Clearly, this would not be efficient. It is better to just access the contiguous data in the order which it is stored:
for (int i = 0; i < rows; i++) { for (int j = 0; j < cols; j++) { // ... } }
c0 r0 |
c1 r0 |
c2 r0 |
c3 r0 |
c4 r0 |
c… r0 |
c… r0 |
c63 r0 |
Notice in the visualization, all of the columns of row 0 are accessed first. We do not move on to row 1 until all the columns of row 0 are accessed. Coincidentally, this results in fewer cache misses. We pay for a first fetch from DRAM (100 cycles) for the first 16 columns, the next accesses come from SRAM (~4 cycles), and we only pay for three more DRAM fetches for the full 64 columns. In the end, this cache-friendly code costs us ~10x fewer cycles in the innermost loop.
Loop-Invariant Code Motion
I had a family member studying computer science at a top 10 CS school. The homework assignment presented a multiple choice question, and she was asked, "Does this code do anything?" The choices were yes/no.

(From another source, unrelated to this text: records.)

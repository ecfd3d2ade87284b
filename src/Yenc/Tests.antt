-- ===== src/Yenc/Tests.antt =====
-- Runs of the encoder and of the decoder, and the theorems about them at them.
use nksrv.Base.{◌≡◌, refl, List, [], ◌∷◌, ◌++◌, none, some, Bytes, codes, map, arith}
use nksrv.BufReader.Stream.{byte}
use nksrv.Sink.{buffer, buffer-Collects}
use nksrv.Yenc.Encoder.{
  encode_byte, put_byte, flush, write_loop, write, close, new_encoder, returned,
}
use nksrv.Yenc.Stream.{stream, encode_all, join, Returns, Wrote, encode_all-stream}
use nksrv.Yenc.Decoder.{
  new_decoder, unterminated_escape, fetch, read_loop, read, write_to_loop, write_to,
}
use nksrv.Yenc.RoundTrip.{Decodes, RoundTrips, write_to-encode_all}
use nksrv.BufReader.Until.Items.{upto}

-- A dot, a line feed, an escape character and others, in two blocks.
abbrev blocks : List Bytes
blocks = (4 ∷ 224 ∷ 4 ∷ []) ∷ (19 ∷ 0 ∷ 255 ∷ []) ∷ []

encoded :
    encode_all buffer blocks (new_encoder buffer [])
    ≡ returned 0 none (record {
      buf = [];
      w = b'=' ∷ 110 ∷ b'=' ∷ 74 ∷ b'.' ∷ b'=' ∷ 125 ∷ 42 ∷ 41 ∷ b'\r' ∷ b'\n' ∷ [];
    })
unfolding encode_all encode_byte put_byte flush write_loop write close
encoded = refl

-- A line that begins with `=y` is left out.
keyword_skipped : Decodes buffer buffer-Collects (65 ∷ 66 ∷ []) (
    write_to buffer
      (new_decoder (map byte (codes "=ybegin" ++ b'\n' ∷ codes "kl" ++ b'\n' ∷ [])))
      [])
unfolding write_to write_to_loop fetch upto
keyword_skipped = (refl, refl)

-- A line that ends inside of an escape.
escape_open :
    elim (read 9 (new_decoder (map byte (codes "k=" ++ b'\n' ∷ [])))) [
      | none ↦ none
      | some r ↦ r.err
    ]
    ≡ some unterminated_escape
unfolding read read_loop fetch upto
escape_open = refl

encode_all-stream_example :
    Returns buffer buffer-Collects
      (Wrote buffer buffer-Collects (stream 0 (join blocks)))
      (encode_all buffer blocks (new_encoder buffer []))
encode_all-stream_example = encode_all-stream buffer buffer-Collects blocks []

write_to-encode_all_example :
    RoundTrips buffer buffer-Collects buffer buffer-Collects
      (join blocks)
      (codes "x")
      (encode_all buffer blocks (new_encoder buffer []))
write_to-encode_all_example =
    write_to-encode_all buffer buffer-Collects buffer buffer-Collects blocks [] (codes "x")
      (omega arith, (omega arith, (omega arith, (omega arith, (omega arith, (omega arith, tt))))))
      refl
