-- ===== src/Machine/Tlb/Lookup.antt =====
-- `TLB::lookup` against the first entry that answers an address, and what `TLB::translate` makes
-- of it.
use cs16mem_model_vm.Base.{
  ℕ, zero, suc, ap, length, set, ◌+◌, ◌-◌, ◌*◌, ◌%◌, ◌^◌, ◌≤◌, ◌<◌, ◌≡◌, refl, ◌⊎◌, inl, inr,
  Bool-cases, true, false, [], ◌∷◌, ◌++◌, arith, bit_or,
}
use cs16mem_model_vm.Base.Bits.{bit_or-disjoint}
use cs16mem_model_vm.Machine.Trap.{ExceptionCode, Result, ok, throw, >>=-eq-ok}
use cs16mem_model_vm.Base.Words.{shl, shr}
use cs16mem_model_vm.Machine.Tlb.{
  TlbEntry, Tlb, LookupType, load, store, lookup, translate, skips, is_direct,
}

-- The entry answers the address for the address space: a valid mapping of its page that is global
-- or belongs to `asid`.
abbrev pub Answers : (vaddr asid : ℕ) → TlbEntry → Type 0
Answers vaddr asid e =
    (shr vaddr 12 ≡ e.vpn) × (e.valid ≡ true) × ((e.asid ≡ asid) ⊎ (e.global ≡ true))

abbrev pub NoneAnswers : (vaddr asid : ℕ) → Tlb → Type 0
NoneAnswers vaddr asid [] = Unit {0}
NoneAnswers vaddr asid (e ∷ es) = (¬ Answers vaddr asid e) × NoneAnswers vaddr asid es

-- The test of the loop is the negation of `Answers`.
skips-Answers :
    (vaddr asid : ℕ) (e : TlbEntry) → skips (shr vaddr 12) asid e ≡ false → Answers vaddr asid e
skips-Answers vaddr asid e h = ground arith

Answers-skips :
    (vaddr asid : ℕ) (e : TlbEntry) → Answers vaddr asid e → skips (shr vaddr 12) asid e ≡ false
Answers-skips vaddr asid e h = ground arith

not_skips :
    (vaddr asid : ℕ) (e : TlbEntry) → ¬ Answers vaddr asid e → skips (shr vaddr 12) asid e ≡ true
not_skips vaddr asid e h = elim (Bool-cases (skips (shr vaddr 12) asid e)) [
  | inl s ↦ s
  | inr s ↦ absurd (h (skips-Answers vaddr asid e s))
]

-- What `lookup` returns: the first entry that answers, or a trap that carries the address.
pub data Found (tlb : Tlb) (vaddr : ℕ) (type : LookupType) (asid : ℕ)
    : Result TlbEntry → Type 0 where
  first :
      (before after : Tlb) (e : TlbEntry)
      → tlb ≡ before ++ e ∷ after
      → NoneAnswers vaddr asid before
      → Answers vaddr asid e
      → Found tlb vaddr type asid (ok e)
  missing_load :
      type ≡ load
      → NoneAnswers vaddr asid tlb
      → Found tlb vaddr type asid (throw (record { code = ExceptionCode.tlb_l; bad_addr = vaddr }))
  missing_store :
      type ≡ store
      → NoneAnswers vaddr asid tlb
      → Found tlb vaddr type asid (throw (record { code = ExceptionCode.tlb_s; bad_addr = vaddr }))

none_found :
    (vaddr : ℕ) (type : LookupType) (asid : ℕ)
    → Found [] vaddr type asid (lookup [] vaddr type asid)
unfolding lookup
none_found vaddr load asid = missing_load refl tt
none_found vaddr store asid = missing_store refl tt

module _ (vaddr : ℕ) (type : LookupType) (asid : ℕ) where
  Found-cons :
      (e : TlbEntry) (es : Tlb) {r : Result TlbEntry}
      → ¬ Answers vaddr asid e
      → Found es vaddr type asid r
      → Found (e ∷ es) vaddr type asid r
  Found-cons e es n (first before after f split none_before here) =
      first (e ∷ before) after f (rw split) (n, none_before) here
  Found-cons e es n (missing_load l h) = missing_load l (n, h)
  Found-cons e es n (missing_store s h) = missing_store s (n, h)

  -- `lookup` returns the first entry of the TLB that answers the address, passing over only
  -- entries that do not, and exactly when none answers throws the address with TLB_L for a load and
  -- TLB_S for a store.
  pub lookup-Found : (tlb : Tlb) → Found tlb vaddr type asid (lookup tlb vaddr type asid)
  unfolding lookup
  lookup-Found [] = none_found vaddr type asid
  lookup-Found (e ∷ es) = elim (Bool-cases (skips (shr vaddr 12) asid e)) [
    | inl s ↦ rw s (Found-cons e es (λ a. cc (Answers-skips vaddr asid e a, s)) (lookup-Found es))
    | inr s ↦ rw s (first [] es e refl tt (skips-Answers vaddr asid e s))
  ]

-- The physical address: the frame of the entry, and the offset of the address.
pub frame_addr : (f v : ℕ) → bit_or (shl f 12) (v % 2 ^ 12) ≡ f % 2 ^ 20 * 2 ^ 12 + v % 2 ^ 12
frame_addr f v =
    ground (arith, bit_or-disjoint 12 (shl f 12) (v % 2 ^ 12) (omega arith) (omega arith))

-- A translation that succeeds is the direct map of 0x80000000..0xC0000000, or else goes through an
-- entry that answers the address.
translate-eq-ok :
    (tlb : Tlb) (vaddr : ℕ) (type : LookupType) (asid : ℕ) {p : ℕ}
    → translate tlb vaddr type asid ≡ ok p
    → (((0x80000000 ≤ vaddr) × (vaddr < 0xC0000000) × (p ≡ vaddr - 0x80000000))
        ⊎ ((e : TlbEntry) × (lookup tlb vaddr type asid ≡ ok e)
            × (p ≡ e.pfn % 2 ^ 20 * 2 ^ 12 + vaddr % 2 ^ 12)))
unfolding translate
translate-eq-ok tlb vaddr type asid h = elim (Bool-cases (is_direct vaddr)) [
  | inl d ↦ inl (ground arith)
  | inr n ↦
      let (e, here, found) = >>=-eq-ok _ (lookup tlb vaddr type asid) (rw n at h) in
      inr (e, found, ground (arith, frame_addr e.pfn vaddr))
]

lookup-load_store :
    (tlb : Tlb) (vaddr asid : ℕ) {e : TlbEntry}
    → lookup tlb vaddr store asid ≡ ok e
    → lookup tlb vaddr load asid ≡ ok e
unfolding lookup
lookup-load_store [] vaddr asid h = cc
lookup-load_store (e ∷ es) vaddr asid h = elim (Bool-cases (skips (shr vaddr 12) asid e)) [
  | inl s ↦ rw s (lookup-load_store es vaddr asid (rw s at h))
  | inr s ↦ rw s (rw s at h)
]

-- Loads and stores translate alike, but for the trap of a miss.
pub translate-load_store :
    (tlb : Tlb) (vaddr asid : ℕ) {p : ℕ}
    → translate tlb vaddr store asid ≡ ok p
    → translate tlb vaddr load asid ≡ ok p
unfolding translate
translate-load_store tlb vaddr asid h = elim (Bool-cases (is_direct vaddr)) [
  | inl d ↦ rw d (rw d at h)
  | inr n ↦
      let (e, here, found) = >>=-eq-ok _ (lookup tlb vaddr store asid) (rw n at h) in
      rw (n, lookup-load_store tlb vaddr asid found) here
]

-- An entry that is written over a TLB in which none answers is the one that `lookup` finds.
pub lookup-set :
    (tlb : Tlb) (i vaddr asid : ℕ) (type : LookupType) (e : TlbEntry)
    → i < length tlb
    → NoneAnswers vaddr asid tlb
    → Answers vaddr asid e
    → lookup (set tlb i e) vaddr type asid ≡ ok e
unfolding lookup
lookup-set [] i vaddr asid type e h n a = absurd (omega arith)
lookup-set (x ∷ xs) zero vaddr asid type e h n a = rw (Answers-skips vaddr asid e a) refl
lookup-set (x ∷ xs) (suc i) vaddr asid type e h n a =
    rw (not_skips vaddr asid x n.0) (lookup-set xs i vaddr asid type e (omega arith) n.1 a)

pub translate-lookup :
    (tlb : Tlb) (vaddr : ℕ) (type : LookupType) (asid : ℕ) (e : TlbEntry)
    → is_direct vaddr ≡ false
    → lookup tlb vaddr type asid ≡ ok e
    → translate tlb vaddr type asid ≡ ok (e.pfn % 2 ^ 20 * 2 ^ 12 + vaddr % 2 ^ 12)
unfolding translate
translate-lookup tlb vaddr type asid e d h = rw (d, h) (ap ok (frame_addr e.pfn vaddr))
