-- ===== src/Kernel/Pages/Refill.antt =====
-- The refill of the TLB on a miss, by `AddressSpace::translate` of
-- kernel/SharedResources/VirtualMemory.cpp and `TLB::translate` of machine/Memory.cpp.
use cs16mem_model_vm.Base.{
  ℕ, ◌+◌, ◌*◌, ◌%◌, ◌^◌, ◌<◌, ◌≡◌, refl, sym, ap, ◌∙◌, inl, inr, Bool, true, false, Bool-cases,
  length, set, bit_or, bit_of, some, some-injective, arith,
}
use cs16mem_model_vm.Base.Bits.{bit_or-zero, bit_or-disjoint}
use cs16mem_model_vm.Base.Words.{shl, shr}
use cs16mem_model_vm.Machine.Trap.{ok}
use cs16mem_model_vm.Machine.Tlb
use cs16mem_model_vm.Machine.Tlb.{Tlb, LookupType, from_words, lookup, is_direct, skips}
use cs16mem_model_vm.Machine.Tlb.Entry.{hi_word}
use cs16mem_model_vm.Machine.Tlb.Lookup.{NoneAnswers, lookup-set, translate-lookup}
use cs16mem_model_vm.Kernel.Pages.{TlbEntry, tlb_entry, Entry, to_tlb_entry, translate}

lo_sum : (f : ℕ) → f < 2 ^ 26 → bit_or (bit_or (shl f 6) 0) 2 ≡ f * 2 ^ 6 + 2
lo_sum f h =
    ground (arith, bit_or-zero (shl f 6), bit_or-disjoint 6 (shl f 6) 2 (omega arith) (omega arith))

-- The two words of a page's entry, as sums of their fields.
words_of :
    (vpn pfn asid : ℕ) (g : Bool)
    → vpn < 2 ^ 20
    → pfn < 2 ^ 26
    → asid < 2 ^ 8
    → ((tlb_entry vpn pfn asid (bit_or 4 (bit_of g))).hi ≡ vpn * 2 ^ 12 + bit_of g * 2 ^ 11 + asid)
      × ((tlb_entry vpn pfn asid (bit_or 4 (bit_of g))).lo ≡ pfn * 2 ^ 6 + 2)
unfolding tlb_entry
words_of vpn pfn asid true hv hp ha = (hi_word vpn asid true hv ha, lo_sum pfn hp)
words_of vpn pfn asid false hv hp ha = (hi_word vpn asid false hv ha, lo_sum pfn hp)

-- The machine reads the kernel's pair of words as the mapping that the page table holds.
from_words-to_tlb_entry :
    (e : Entry) (vpn asid : ℕ)
    → vpn < 2 ^ 20
    → e.pfn < 2 ^ 26
    → asid < 2 ^ 8
    → from_words (to_tlb_entry e vpn asid).hi (to_tlb_entry e vpn asid).lo ≡ record {
      vpn = vpn;
      pfn = e.pfn;
      global = e.global;
      dirty = false;
      valid = true;
      asid = asid;
      cc = 0;
    }
unfolding from_words to_tlb_entry
from_words-to_tlb_entry e vpn asid hv hp ha =
    let (h, l) = words_of vpn e.pfn asid e.global hv hp ha in
    rw (to_tlb_entry, h, l) (ground (arith, hv, hp, ha))

abbrev mapping : Entry → (vaddr asid : ℕ) → Tlb.TlbEntry
mapping e vaddr asid = record {
  vpn = shr vaddr 12;
  pfn = e.pfn;
  global = e.global;
  dirty = false;
  valid = true;
  asid = asid;
  cc = 0;
}

-- The refill of a miss: no entry of the TLB answers the address, the page table walk gives the entry
-- `e`, and its words are written to the slot `i`. Then the machine translates the address, for loads
-- and for stores, to the frame of `e`.
pub refill_translates :
    (tlb : Tlb) (i vaddr asid : ℕ) (type : LookupType) (e : Entry) (w : TlbEntry)
    → i < length tlb
    → vaddr < 2 ^ 32
    → e.pfn < 2 ^ 26
    → asid < 2 ^ 8
    → is_direct vaddr ≡ false
    → NoneAnswers vaddr asid tlb
    → translate (some e) vaddr asid ≡ some w
    → Tlb.translate (set tlb i (from_words w.hi w.lo)) vaddr type asid
      ≡ ok (e.pfn % 2 ^ 20 * 2 ^ 12 + vaddr % 2 ^ 12)
unfolding translate to_tlb_entry
refill_translates tlb i vaddr asid type e w h hv hp ha d n t = elim (Bool-cases e.present) [
  | inl p ↦
      let same : to_tlb_entry e (shr vaddr 12) asid ≡ w = some-injective _ _ (rw p at t) in
      let read =
        ap (λ (x : TlbEntry). from_words x.hi x.lo) (sym same)
        ∙ from_words-to_tlb_entry e (shr vaddr 12) asid (omega arith) hp ha in
      rw read (
        translate-lookup _ vaddr type asid (mapping e vaddr asid) d
          (lookup-set tlb i vaddr asid type (mapping e vaddr asid) h n (refl, refl, inl refl)))
  | inr q ↦ absurd (ground (arith, q, t))
]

int main(void) { int x; for (int i = 0; i < 10; i++) x = 2; return 0; }
The correct answer is "no." Loop-invariant code motion might sound intimidating or arcane, but we can break it up into its components: 1) loop invariant, and 2) code motion. First, the compiler begins by identifying "loop invariants"—essentially, code that does not change across loop iterations. The assignment to x = 2
does not change with each iteration. (If the assignment were x = i + 1
instead, it would not qualify as a "loop invariant.") The second half of the optimization, "code motion", permits us to move code (code motion = moving code) that does not change outside of the loop—if safe. I'm emphasizing "if safe" because, if the loop condition were never true (e.g. if we changed the condition to i != 0
), x = 2
should never occur.
And that, in a nutshell, is loop-invariant code motion: moving code that doesn't change outside of the loop. The code should now look like this, in high-level code:
int main(void) { int x; x = 2; // moved outside loop for (int i = 0; i < 10; i++); return 0; }
However, we can dive deeper into modern compilers. After loop-invariant code motion, the compiler can perform a second pass: dead code elimination. The for
loop is no longer doing anything, and it gets eliminated. The variable x
is written to but never read; thus, it can also be eliminated. The final program, in high-level code:
int main(void) { return 0; }
At a low level, if we compile the dead code, gcc -S -O2
finally gives us proper code:
int main(void) { int x; x = 2; // moved outside loop for (int i = 0; i < 10; i++); return 0; }
main: xor eax, eax ret
In the end, my family member reported back that the correct answer was indeed "no." I asked if she gave my detailed explanation. She said, "No, because the professor would know I cheated." (?)
There's a question relating to loop-invariant code motion (via gcc -fmove-loop-invariants
) on Stack Overflow dating back 5 years, but the only answer is incorrect. The proper answer is buried in the gcc documentation:
Most optimizations are only enabled if an -O level is set on the command line. Otherwise they are disabled, even if individual optimization flags are specified.